Well, they would say that, wouldn’t they. But examining the logic reveals its hollowness: If Republicans pass bad policy now, they can fend off even worse policy later. There is of course another heretofore unknown concept of conservative Republicans choosing not to pass bad policy at all.
That’s why comments suggesting that at least some Republicans believe Obamacare must be fixed no matter who is elected president on November 8 are so damaging. That premise that Congress must do something because Obamacare and its exchanges are “too big to fail” means health insurers are likewise “too big to fail.” If this construct prevails, Congress will do whatever it takes for the insurers to stay in the marketplace; if that means turning on the bailout taps again, so be it.
But once health insurers have a clear backstop from the federal government, they will take additional risk.
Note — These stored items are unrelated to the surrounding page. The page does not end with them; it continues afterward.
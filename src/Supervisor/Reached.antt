-- ===== src/Supervisor/Reached.antt =====
-- electron/main/engineSupervisor.ts: every step keeps the invariant.
use vanilla_bus.Prelude.{
  ℕ, ◌≡◌, ◌⊎◌, inl, inr, refl, sym, ap, ◌∙◌, true, false, ◌||◌, List, [], ◌∷◌, ◌++◌, none, some,
  arith, ltb, Bool-cases, append-nil,
}
use vanilla_bus.Engine.Value.{Number}
use vanilla_bus.Engine.Types.{RxBatch}
use vanilla_bus.Client.State.{EngineHello}
use vanilla_bus.Supervisor.State.{
  Supervisor, Action, EngineStatus, connects, sleeps, closes, notifies, logs_beat, passes, offline,
  online, terminate, connect_attempts,
}
use vanilla_bus.Supervisor.Launch.{is_stale, attempt_from, stop, attached}
use vanilla_bus.Supervisor.{
  was_launched, on_hello, on_heartbeat, on_disconnect, on_rx_batch, is_logged,
}
use vanilla_bus.Supervisor.Invariant.{
  Invariant, same_launch, IsMute, terminate-IsMute, terminate-held, is_held, is_finished,
}

pub nothing : (s : Supervisor) (done : List Action) → Invariant s done → Invariant s (done ++ [])
nothing s done i = rw (append-nil done) i

-- what changes neither the child nor the timer
calm :
    (s s2 : Supervisor) (done acts : List Action)
    → Invariant s done
    → s2.generation ≡ s.generation
    → s2.stopping ≡ s.stopping
    → s2.child ≡ s.child
    → s2.restart_timer ≡ s.restart_timer
    → s2.status ≡ s.status
    → IsMute acts
    → Invariant s2 (done ++ acts)
calm s s2 done acts i gen stop same_child timer same_status m =
    same_launch s s2 done acts i gen stop (λ g h. ground (arith, m.no_launch g)) m.no_spawn
      (λ g h. ground (arith, m.no_end g)) (λ h. ground (arith, m.no_end s.generation))
      (λ h. timer ∙ h) (λ g h. ground (arith, h, ap (is_held g) same_child))
      (λ h.
        let (c, t, offline_) = i.stopped h in (same_child ∙ c, timer ∙ t, same_status ∙ offline_))
      (elim i.honest [
        | inl e ↦ inl (same_status ∙ e)
        | inr (hello, e) ↦ inr (hello, same_status ∙ e)
      ])

-- a launch that is the present one is not stopped
pub present :
    (s : Supervisor) (done : List Action) (g : ℕ)
    → Invariant s done
    → was_launched g done ≡ true
    → is_stale g s ≡ false
    → (g ≡ s.generation) × (s.stopping ≡ false)
present s done g i known e =
    let same : g ≡ s.generation = ground (arith, e) in
    let made = ap (λ n. was_launched n done) (sym same) ∙ known in
    (same, ground (arith, i.stopped_new, made))

pub attached-Invariant :
    (s : Supervisor) (done : List Action) (g : ℕ)
    → Invariant s done
    → Invariant (attached g s).0 (done ++ (attached g s).1)
unfolding attached
attached-Invariant s done g i =
    calm s _ done _ i refl refl refl refl refl
      (record { no_launch = λ h. refl; no_spawn = λ h. refl; no_end = λ h. refl })

pub attach_failed-Invariant :
    (s : Supervisor) (done : List Action) (g attempt : ℕ)
    → Invariant s done
    → Invariant s (done ++ closes g ∷ sleeps g attempt ∷ [])
attach_failed-Invariant s done g attempt i =
    calm s s done _ i refl refl refl refl refl
      (record { no_launch = λ h. refl; no_spawn = λ h. refl; no_end = λ h. refl })

pub on_hello-Invariant :
    (s : Supervisor) (done : List Action) (g : ℕ) (hello : EngineHello)
    → Invariant s done
    → was_launched g done ≡ true
    → Invariant (on_hello g hello s).0 (done ++ (on_hello g hello s).1)
unfolding on_hello
on_hello-Invariant s done g hello i known = elim (Bool-cases (is_stale g s)) [
  | inl e ↦ rw (e, on_hello) (nothing s done i)
  | inr e ↦
      let (same, live) = present s done g i known e in
      rw (e, on_hello)
        (same_launch s (record s { status = online hello }) done (notifies (online hello) ∷ []) i
          refl refl (λ h k. cc) (λ h. refl) (λ h k. cc) (λ k. cc) (λ k. k)
          (λ h k. ground (arith, k)) (λ k. absurd (ground (arith, live, k))) (inr (hello, refl)))
]

pub on_heartbeat-Invariant :
    (s : Supervisor) (done : List Action) (g : ℕ) (ts_us : Number)
    → Invariant s done
    → Invariant (on_heartbeat g ts_us s).0 (done ++ (on_heartbeat g ts_us s).1)
unfolding on_heartbeat
on_heartbeat-Invariant s done g ts_us i = elim (Bool-cases (is_stale g s)) [
  | inl e ↦ rw (e, on_heartbeat) (nothing s done i)
  | inr e ↦ elim (Bool-cases (is_logged g s.heartbeat_log_generation)) [
    | inl old ↦ rw (e, old, on_heartbeat) (nothing s done i)
    | inr new ↦
        rw (e, new, on_heartbeat)
          (calm s (record s { heartbeat_log_generation = some g }) done (logs_beat ts_us ∷ []) i
            refl refl refl refl refl
            (record { no_launch = λ h. refl; no_spawn = λ h. refl; no_end = λ h. refl }))
  ]
]

pub on_rx_batch-Invariant :
    (s : Supervisor) (done : List Action) (g : ℕ) (batch : RxBatch)
    → Invariant s done
    → Invariant (on_rx_batch g batch s).0 (done ++ (on_rx_batch g batch s).1)
unfolding on_rx_batch
on_rx_batch-Invariant s done g batch i = elim (Bool-cases (is_stale g s)) [
  | inl e ↦ rw (e, on_rx_batch) (nothing s done i)
  | inr e ↦
      rw (e, on_rx_batch)
        (calm s s done (passes batch ∷ []) i refl refl refl refl refl
          (record { no_launch = λ h. refl; no_spawn = λ h. refl; no_end = λ h. refl }))
]

-- the child is let go of, within a launch
drop_child :
    (s : Supervisor) (done acts : List Action) (status : EngineStatus)
    → Invariant s done
    → IsMute acts
    → ((g : ℕ) → is_held g s.child ≡ true → is_finished g acts ≡ true)
    → (status ≡ offline) ⊎ ((status ≡ s.status))
    → Invariant (record s { child = none; status = status }) (done ++ acts)
drop_child s done acts status i m over which =
    same_launch s (record s { child = none; status = status }) done acts i refl refl
      (λ g h. ground (arith, m.no_launch g)) m.no_spawn (λ g h. ground (arith, m.no_end g))
      (λ h. ground (arith, m.no_end s.generation)) (λ h. h) over
      (λ h.
        let (c, t, quiet) = i.stopped h in (refl, t, elim which [ inl e ↦ e | inr e ↦ e ∙ quiet ]))
      (elim which [
        | inl e ↦ inl e
        | inr same ↦ elim i.honest [
          | inl e ↦ inl (same ∙ e)
          | inr (hello, e) ↦ inr (hello, same ∙ e)
        ]
      ])

pub on_disconnect-Invariant :
    (s : Supervisor) (done : List Action) (g : ℕ)
    → Invariant s done
    → Invariant (on_disconnect g s).0 (done ++ (on_disconnect g s).1)
unfolding on_disconnect
on_disconnect-Invariant s done g i = elim (Bool-cases (is_stale g s || s.stopping)) [
  | inl e ↦ rw (e, on_disconnect) (nothing s done i)
  | inr e ↦
      let m = terminate-IsMute s.child in
      rw (e, on_disconnect)
        (drop_child s done (notifies offline ∷ terminate s.child) offline i
          (record { no_launch = m.no_launch; no_spawn = m.no_spawn; no_end = m.no_end })
          (terminate-held s.child) (inl refl))
]

pub attempt_from-Invariant :
    (s : Supervisor) (done : List Action) (g attempt : ℕ)
    → Invariant s done
    → Invariant (attempt_from g attempt s).0 (done ++ (attempt_from g attempt s).1)
unfolding attempt_from
attempt_from-Invariant s done g attempt i = elim (Bool-cases (ltb attempt connect_attempts)) [
  | inl more ↦ elim (Bool-cases (s.stopping || is_stale g s)) [
    | inl e ↦ rw (more, e, attempt_from) (nothing s done i)
    | inr e ↦
        rw (more, e, attempt_from)
          (same_launch s s done (connects g attempt ∷ []) i refl refl (λ h k. ground (arith, e, k))
            (λ h. refl) (λ h k. cc) (λ k. cc) (λ k. k) (λ h k. ground (arith, k)) i.stopped
            i.honest)
  ]
  | inr over ↦ elim (Bool-cases (is_stale g s || s.stopping)) [
    | inl e ↦ rw (over, e, attempt_from) (nothing s done i)
    | inr e ↦
        rw (over, e, attempt_from)
          (drop_child s done (terminate s.child) s.status i (terminate-IsMute s.child)
            (terminate-held s.child) (inr refl))
  ]
]
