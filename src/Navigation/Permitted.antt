-- ===== src/Navigation/Permitted.antt =====
-- Which scopes of an account open which entry of the navigation.
use purels.Base.{
  All, Bool, Bool-cases, List, [], arith, false, filter, if◌then◌else◌, inl, inr, map, none, not,
  refl, some, true, ◌&&◌, ◌||◌, ◌↔◌, ◌∷◌, ◌≡◌, ◌⊎◌,
}
use purels.Js.Text.{Text, includes, same, text}
use purels.Js.Text.Equality.{In, includes_iff}
use purels.Navigation.{AdminNavItem, is_permitted, redirect, roles_href, users_href}
use purels.Navigation.Entries.{admin_nav_sections, get_visible_navigation}
use purels.Navigation.Visible.{FillsGroups, get_visible_navigation-shown, nav_items}

-- The entries by the scopes that an account holds. Someone who may manage roles but not users
-- has the entry of the accounts lead to the roles.
abbrev pub IsShown : List Text → Text → Type 0
IsShown scopes href =
    (text "/home" ≡ href)
    ⊎ (text "/home/links" ≡ href)
    ⊎ (text "/home/stats" ≡ href)
    ⊎ (In (text "audit:read") scopes × (text "/home/audit" ≡ href))
    ⊎ (In (text "settings:manage") scopes × (text "/home/settings/links" ≡ href))
    ⊎ ((In (text "settings:manage") scopes
          ⊎ In (text "captcha:manage") scopes
          ⊎ In (text "oidc:manage") scopes)
        × (text "/home/settings/registration" ≡ href))
    ⊎ ((In (text "users:manage") scopes × (text "/home/users" ≡ href))
        ⊎ ((¬ In (text "users:manage") scopes)
            × In (text "roles:manage") scopes
            × (text "/home/settings/roles" ≡ href)))
    ⊎ (In (text "settings:manage") scopes × (text "/home/settings/traffic" ≡ href))
    ⊎ ((In (text "settings:manage") scopes ⊎ In (text "analytics:manage") scopes)
        × (text "/home/settings/analytics" ≡ href))

abbrev pub hrefs : List AdminNavItem → List Text
hrefs items = map (λ (i : AdminNavItem). i.href) items

-- The same by the entries themselves.
abbrev LeadsTo : List Text → Text → List AdminNavItem → Type 0
LeadsTo scopes href [] = ⊥
LeadsTo scopes href (i ∷ items) =
    ((is_permitted scopes i ≡ true) × ((redirect scopes i).href ≡ href)) ⊎ LeadsTo scopes href items

infixr 3 ◌⊕◌
◌⊕◌ : {A B C D : Type 0} → A ↔ C → B ↔ D → (A ⊎ B) ↔ (C ⊎ D)
(f, f') ⊕ (g, g') = (
  λ h. elim h [ inl a ↦ inl (f a) | inr b ↦ inr (g b) ],
  λ h. elim h [ inl a ↦ inl (f' a) | inr b ↦ inr (g' b) ],
)

or_false : {A B : Type 0} → A ↔ B → (A ⊎ ⊥) ↔ B
or_false (f, f') = (λ h. elim h [ inl a ↦ f a | inr b ↦ absurd b ], λ b. inl (f' b))

always : {A : Type 0} → (◌≡◌ {A = Bool} true true × A) ↔ A
always = (λ h. h.1, λ a. (refl, a))

by_test : {b : Bool} {H A : Type 0} → (b ≡ true) ↔ H → ((b ≡ true) × A) ↔ (H × A)
by_test (f, g) = (λ h. (f h.0, h.1), λ h. (g h.0, h.1))

-- The entry of the accounts, by its two scopes.
accounts_entry :
    (users roles : Bool) {U R : Type 0} (own other : AdminNavItem) (href : Text)
    → (users ≡ true) ↔ U
    → (roles ≡ true) ↔ R
    → (((users || (roles || false)) ≡ true) × ((if not users then other else own).href ≡ href))
      ↔ ((U × (own.href ≡ href)) ⊎ ((¬ U) × R × (other.href ≡ href)))
accounts_entry true roles own other href (f, f') (g, g') = (
  λ h. inl (f refl, h.1),
  λ h. elim h [ inl (_, e) ↦ (refl, e) | inr (n, _, _) ↦ absurd (n (f refl)) ],
)
accounts_entry false true own other href (f, f') (g, g') = (
  λ h. inr (λ u. cc (f' u), g refl, h.1),
  λ h. elim h [ inl (u, _) ↦ cc (f' u) | inr (_, _, e) ↦ (refl, e) ],
)
accounts_entry false false own other href (f, f') (g, g') =
    (λ h. cc (h.0), λ h. elim h [ inl (u, _) ↦ cc (f' u) | inr (_, r, _) ↦ cc (g' r) ])

In-hrefs :
    (scopes : List Text) (href : Text) (items : List AdminNavItem)
    → In href (hrefs (map (redirect scopes) (filter (is_permitted scopes) items)))
      ↔ LeadsTo scopes href items
In-hrefs scopes href [] = (λ h. h, λ h. h)
In-hrefs scopes href (i ∷ items) =
    let (to, from) = In-hrefs scopes href items in
    elim (Bool-cases (is_permitted scopes i)) [
      | inl on ↦ rw on ((always.1, always.0) ⊕ (to, from))
      | inr off ↦ rw off (λ h. inr (to h), λ h. elim h [ inl p ↦ cc (p.0) | inr q ↦ from q ])
    ]

abbrev accounts_item : AdminNavItem
accounts_item = record {
  href = users_href;
  label_key = text "settings.nav.access";
  description_key = some (text "settings.nav.accessDescription");
  icon = text "user";
  scope = none;
  any_scopes = some (text "users:manage" ∷ text "roles:manage" ∷ []);
}

accounts_item-LeadsTo :
    (scopes : List Text) (href : Text)
    → ((is_permitted scopes accounts_item ≡ true) × ((redirect scopes accounts_item).href ≡ href))
      ↔ ((In (text "users:manage") scopes × (text "/home/users" ≡ href))
          ⊎ ((¬ In (text "users:manage") scopes)
              × In (text "roles:manage") scopes
              × (text "/home/settings/roles" ≡ href)))
unfolding is_permitted redirect same
accounts_item-LeadsTo scopes href =
    accounts_entry (includes scopes (text "users:manage")) (includes scopes (text "roles:manage"))
      accounts_item (record accounts_item { href = roles_href }) href
      (includes_iff scopes (text "users:manage")) (includes_iff scopes (text "roles:manage"))

LeadsTo-entries :
    (scopes : List Text) (href : Text)
    → LeadsTo scopes href (nav_items admin_nav_sections) ↔ IsShown scopes href
unfolding is_permitted redirect same
LeadsTo-entries scopes href =
    always
    ⊕ always
    ⊕ always
    ⊕ opened_by (text "audit:read")
    ⊕ opened_by (text "settings:manage")
    ⊕ by_test (
        ground (
          arith,
          includes_iff scopes (text "settings:manage"),
          includes_iff scopes (text "captcha:manage"),
          includes_iff scopes (text "oidc:manage"),
        ))
    ⊕ accounts_item-LeadsTo scopes href
    ⊕ opened_by (text "settings:manage")
    ⊕ or_false (
        by_test (
          ground (
            arith,
            includes_iff scopes (text "settings:manage"),
            includes_iff scopes (text "analytics:manage"),
          )))
  where
    opened_by :
        {A : Type 0} (s : Text) → (((includes scopes s && true) ≡ true) × A) ↔ (In s scopes × A)
    opened_by s = by_test (ground (arith, includes_iff scopes s))

-- An address is among the visible entries exactly if the scopes open it: the overview, the links
-- and the statistics for everyone, the audit log with audit:read, and each page of the settings
-- with one of its own scopes, where the accounts entry leads to the roles for an account that
-- manages roles but not users. No group is shown without entries.
pub get_visible_navigation-IsShown :
    (scopes : List Text) (href : Text)
    → (In href (hrefs (nav_items (get_visible_navigation scopes))) ↔ IsShown scopes href)
      × All FillsGroups (get_visible_navigation scopes)
get_visible_navigation-IsShown scopes href =
    let (shown_lem, filled_lem) = get_visible_navigation-shown scopes in
    let (to, from) = In-hrefs scopes href (nav_items admin_nav_sections) in
    let (to', from') = LeadsTo-entries scopes href in
    (rw shown_lem (λ h. to' (to h), λ h. from (from' h)), filled_lem)
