-- ===== src/Navigation/Search.antt =====
-- web/src/components/admin-navigation.ts: the entries of the settings search.
use purels.Base.{List, Option, String, [], filter, if◌then◌else◌, none, some, ◌++◌, ◌∷◌}
use purels.Js.Text.{Text, includes, same, text}

-- Keywords that are left out are the empty text.
pub record SettingsSearchEntry : Type 0 where
  pub href : Text
  pub label_key : Text
  pub category_key : Text
  pub context_key : Option Text
  pub scope : Text
  pub keywords : Text

abbrev pub plain_entry : String → String → String → String → String → SettingsSearchEntry
plain_entry href label category scope keywords = record {
  href = text href;
  label_key = text label;
  category_key = text category;
  context_key = none;
  scope = text scope;
  keywords = text keywords;
}

abbrev link_context : Text → Text
link_context page =
    if same page (text "/maintenance")
    then text "settings.nav.maintenance"
    else if same page (text "/redirects")
    then text "settings.nav.redirects"
    else text "settings.nav.creation"

-- `linkSearch`.
unfoldable pub link_search : String → String → String → SettingsSearchEntry
unfolding same
link_search name label page = record {
  href = text "/home/settings/links" ++ (text page ++ (text "#" ++ text name));
  label_key = text label;
  category_key = text "settings.nav.links";
  context_key = some (link_context (text page));
  scope = text "settings:manage";
  keywords = text name;
}

-- `trafficSearch`.
unfoldable pub traffic_search : String → String → SettingsSearchEntry
traffic_search name label = record {
  href = text "/home/settings/traffic#" ++ text name;
  label_key = text label;
  category_key = text "settings.nav.traffic";
  context_key = some (text "settings.runtime.rateTitle");
  scope = text "settings:manage";
  keywords = text name;
}

unfoldable pub settings_search_entries : List SettingsSearchEntry
unfolding link_search traffic_search
settings_search_entries =
    link_search "alias_mode" "settings.runtime.aliasMode" ""
    ∷ link_search "unique_urls" "settings.runtime.uniqueUrls" ""
    ∷ link_search "max_links_per_user" "settings.runtime.maxLinks" ""
    ∷ link_search "short_domains" "settings.runtime.shortDomains" ""
    ∷ link_search "forward_query" "settings.runtime.forwardQuery" "/redirects"
    ∷ link_search "fallback_url" "settings.runtime.fallbackUrl" "/redirects"
    ∷ link_search "destination_denylist" "settings.runtime.denylist" "/redirects"
    ∷ link_search "health_check_enabled" "settings.runtime.healthCheck" "/maintenance"
    ∷ link_search "health_check_interval_seconds" "settings.runtime.healthInterval" "/maintenance"
    ∷ link_search "auto_prune_expired" "settings.runtime.autoPrune" "/maintenance"
    ∷ link_search "prune_grace_seconds" "settings.runtime.pruneGrace" "/maintenance"
    ∷ plain_entry "/home/settings/registration#registration_enabled" "settings.runtime.registration"
        "settings.nav.registration" "settings:manage" "registration_enabled"
    ∷ plain_entry "/home/settings/registration#totp_enabled" "settings.runtime.totpEnabled"
        "settings.nav.registration" "settings:manage" "totp_enabled TOTP 2FA two-factor"
    ∷ plain_entry "/home/settings/registration#captcha" "settings.captcha.title"
        "settings.nav.registration" "captcha:manage" "Turnstile CAPTCHA"
    ∷ plain_entry "/home/settings/registration#captcha" "settings.captcha.siteKey"
        "settings.nav.registration" "captcha:manage" "Turnstile CAPTCHA"
    ∷ plain_entry "/home/settings/registration#captcha" "settings.captcha.secretKey"
        "settings.nav.registration" "captcha:manage" "Turnstile CAPTCHA"
    ∷ plain_entry "/home/settings/registration#captcha" "settings.captcha.expectedHostname"
        "settings.nav.registration" "captcha:manage" "Turnstile CAPTCHA"
    ∷ plain_entry "/home/settings/registration#captcha" "settings.captcha.expectedAction"
        "settings.nav.registration" "captcha:manage" "Turnstile CAPTCHA"
    ∷ plain_entry "/home/settings/oidc" "settings.nav.thirdParty" "settings.nav.registration"
        "oidc:manage" "OIDC SSO"
    ∷ plain_entry "/home/settings/oidc" "settings.oidc.callback" "settings.nav.registration"
        "oidc:manage" "OIDC"
    ∷ plain_entry "/home/settings/oidc" "settings.oidc.autoProvision" "settings.nav.registration"
        "oidc:manage" "OIDC"
    ∷ plain_entry "/home/users" "users.title" "settings.nav.access" "users:manage" ""
    ∷ plain_entry "/home/settings/roles" "settings.roles.title" "settings.nav.access" "roles:manage"
        ""
    ∷ traffic_search "rate_limit_enabled" "settings.runtime.rateEnabled"
    ∷ traffic_search "rate_limit_login" "settings.runtime.rateLogin"
    ∷ traffic_search "rate_limit_register" "settings.runtime.rateRegister"
    ∷ traffic_search "rate_limit_2fa" "settings.runtime.rate2fa"
    ∷ traffic_search "rate_limit_oidc" "settings.runtime.rateOidc"
    ∷ traffic_search "rate_limit_api" "settings.runtime.rateApi"
    ∷ traffic_search "rate_limit_redirect" "settings.runtime.rateRedirect"
    ∷ plain_entry "/home/settings/analytics#count_bots" "settings.runtime.countBots"
        "settings.nav.analytics" "settings:manage" "count_bots"
    ∷ plain_entry "/home/settings/analytics#integrations" "settings.analytics.ga4"
        "settings.nav.analytics" "analytics:manage" ""
    ∷ plain_entry "/home/settings/analytics#integrations" "settings.analytics.gtm"
        "settings.nav.analytics" "analytics:manage" ""
    ∷ plain_entry "/home/settings/analytics#integrations" "settings.analytics.googleTag"
        "settings.nav.analytics" "analytics:manage" ""
    ∷ plain_entry "/home/settings/analytics#integrations" "settings.analytics.matomoUrl"
        "settings.nav.analytics" "analytics:manage" ""
    ∷ plain_entry "/home/settings/analytics#integrations" "settings.analytics.matomoSiteId"
        "settings.nav.analytics" "analytics:manage" ""
    ∷ plain_entry "/home/settings/analytics#integrations" "settings.analytics.clarity"
        "settings.nav.analytics" "analytics:manage" ""
    ∷ []

-- `getVisibleSettingsSearchEntries`.
unfoldable pub get_visible_settings_search_entries : List Text → List SettingsSearchEntry
unfolding settings_search_entries includes
get_visible_settings_search_entries scopes =
    filter (λ entry. includes scopes entry.scope) settings_search_entries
Insurers have said so themselves. In documents provided to Congress, carriers admitted they under-priced premiums in the law’s first three years precisely because they believed they had an unlimited tap on the federal fisc to cushion their losses. Republican efforts in Congress to rein in that bailout spigot have met furious lobbying by health insurers—and attempts by the Obama administration to strike a corrupt bargain circumventing Congress’ restrictions.
Efforts to end the bailouts and claw back as much money as possible to taxpayers would shoot the wolf at the door. Giving insurers more by way of bailout funds—socializing their risk—will only encourage them to take additional risk, exacerbating a boom-and-bust cycle that will inevitably result in a federal takeover of all that risk. When the federal government provides the risk backstop, you have a government-run system, regardless of who administers it.
While the insurance industry may view more bailouts as their salvation, Obamacare’s version of TARP looks more like a TRAP. By socializing losses, purportedly to prevent single-payer health care, creating a permanent insurer bailout fund will effectively create one. While remaining mindful of the other wolves lurking, Congress should focus foremost on eliminating the one at its threshold: Undo the Obamacare bailouts, and prove this law is not too big to fail.